**Stored items**
_ _ _ _ _

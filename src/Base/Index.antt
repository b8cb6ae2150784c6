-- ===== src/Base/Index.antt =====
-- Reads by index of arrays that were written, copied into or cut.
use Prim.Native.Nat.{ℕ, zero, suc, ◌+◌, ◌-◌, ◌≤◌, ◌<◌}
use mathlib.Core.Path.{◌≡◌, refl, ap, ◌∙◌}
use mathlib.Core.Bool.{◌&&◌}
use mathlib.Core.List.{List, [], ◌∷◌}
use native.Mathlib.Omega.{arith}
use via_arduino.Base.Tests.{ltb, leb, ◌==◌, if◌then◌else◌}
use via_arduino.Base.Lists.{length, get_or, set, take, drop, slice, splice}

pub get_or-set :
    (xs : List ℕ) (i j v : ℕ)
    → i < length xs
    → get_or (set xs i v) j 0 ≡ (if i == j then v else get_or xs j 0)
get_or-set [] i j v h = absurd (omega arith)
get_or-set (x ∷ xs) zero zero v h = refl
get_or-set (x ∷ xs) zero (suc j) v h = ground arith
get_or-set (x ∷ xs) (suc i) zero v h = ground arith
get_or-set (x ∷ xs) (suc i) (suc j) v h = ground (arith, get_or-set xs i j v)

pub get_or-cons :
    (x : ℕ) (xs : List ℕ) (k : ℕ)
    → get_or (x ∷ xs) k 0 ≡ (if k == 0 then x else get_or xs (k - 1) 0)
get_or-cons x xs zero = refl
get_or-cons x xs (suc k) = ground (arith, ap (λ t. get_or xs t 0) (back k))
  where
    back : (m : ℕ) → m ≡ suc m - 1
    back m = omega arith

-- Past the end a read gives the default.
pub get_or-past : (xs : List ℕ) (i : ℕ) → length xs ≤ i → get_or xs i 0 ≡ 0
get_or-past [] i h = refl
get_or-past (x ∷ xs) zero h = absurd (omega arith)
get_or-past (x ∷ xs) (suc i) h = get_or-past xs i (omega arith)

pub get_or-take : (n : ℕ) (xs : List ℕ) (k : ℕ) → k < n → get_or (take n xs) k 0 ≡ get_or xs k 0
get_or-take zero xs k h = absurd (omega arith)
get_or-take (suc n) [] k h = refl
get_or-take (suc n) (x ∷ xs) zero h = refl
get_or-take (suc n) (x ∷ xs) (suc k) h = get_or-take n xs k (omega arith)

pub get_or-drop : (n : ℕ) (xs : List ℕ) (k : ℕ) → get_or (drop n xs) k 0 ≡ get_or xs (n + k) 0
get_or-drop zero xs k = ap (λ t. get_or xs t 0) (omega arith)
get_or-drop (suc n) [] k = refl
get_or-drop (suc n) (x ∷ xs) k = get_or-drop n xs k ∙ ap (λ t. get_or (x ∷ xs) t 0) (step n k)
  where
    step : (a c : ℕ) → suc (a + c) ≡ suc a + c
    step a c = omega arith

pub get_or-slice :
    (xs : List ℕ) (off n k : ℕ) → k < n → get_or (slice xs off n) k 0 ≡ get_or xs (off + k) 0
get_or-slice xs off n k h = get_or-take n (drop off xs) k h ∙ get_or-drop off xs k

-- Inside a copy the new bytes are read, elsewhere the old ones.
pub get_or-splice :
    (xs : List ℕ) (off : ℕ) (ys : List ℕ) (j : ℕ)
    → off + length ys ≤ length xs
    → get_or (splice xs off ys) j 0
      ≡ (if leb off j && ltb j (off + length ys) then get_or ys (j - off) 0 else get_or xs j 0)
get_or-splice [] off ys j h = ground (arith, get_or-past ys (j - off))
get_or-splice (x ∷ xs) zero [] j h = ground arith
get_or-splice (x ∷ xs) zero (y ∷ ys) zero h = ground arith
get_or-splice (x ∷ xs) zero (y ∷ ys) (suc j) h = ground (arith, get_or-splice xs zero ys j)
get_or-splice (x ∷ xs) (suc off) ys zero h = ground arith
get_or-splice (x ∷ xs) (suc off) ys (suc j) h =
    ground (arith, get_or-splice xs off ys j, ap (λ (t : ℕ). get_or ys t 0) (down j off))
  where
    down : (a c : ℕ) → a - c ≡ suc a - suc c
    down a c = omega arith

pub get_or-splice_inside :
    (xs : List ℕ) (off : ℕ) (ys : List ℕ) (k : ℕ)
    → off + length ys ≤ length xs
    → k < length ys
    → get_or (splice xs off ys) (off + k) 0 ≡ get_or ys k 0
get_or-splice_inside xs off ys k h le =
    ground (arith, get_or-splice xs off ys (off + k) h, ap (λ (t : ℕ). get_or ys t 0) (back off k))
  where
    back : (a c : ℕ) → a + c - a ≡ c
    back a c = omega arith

_ _ _ _ _

Check each line of the records for the string "length" and copy those that have it.

use via_arduino.Base.Lists.{length, get_or, set, take, drop, slice, splice}
    → i < length xs
pub get_or-past : (xs : List ℕ) (i : ℕ) → length xs ≤ i → get_or xs i 0 ≡ 0
    → off + length ys ≤ length xs
      ≡ (if leb off j && ltb j (off + length ys) then get_or ys (j - off) 0 else get_or xs j 0)
    → off + length ys ≤ length xs
    → k < length ys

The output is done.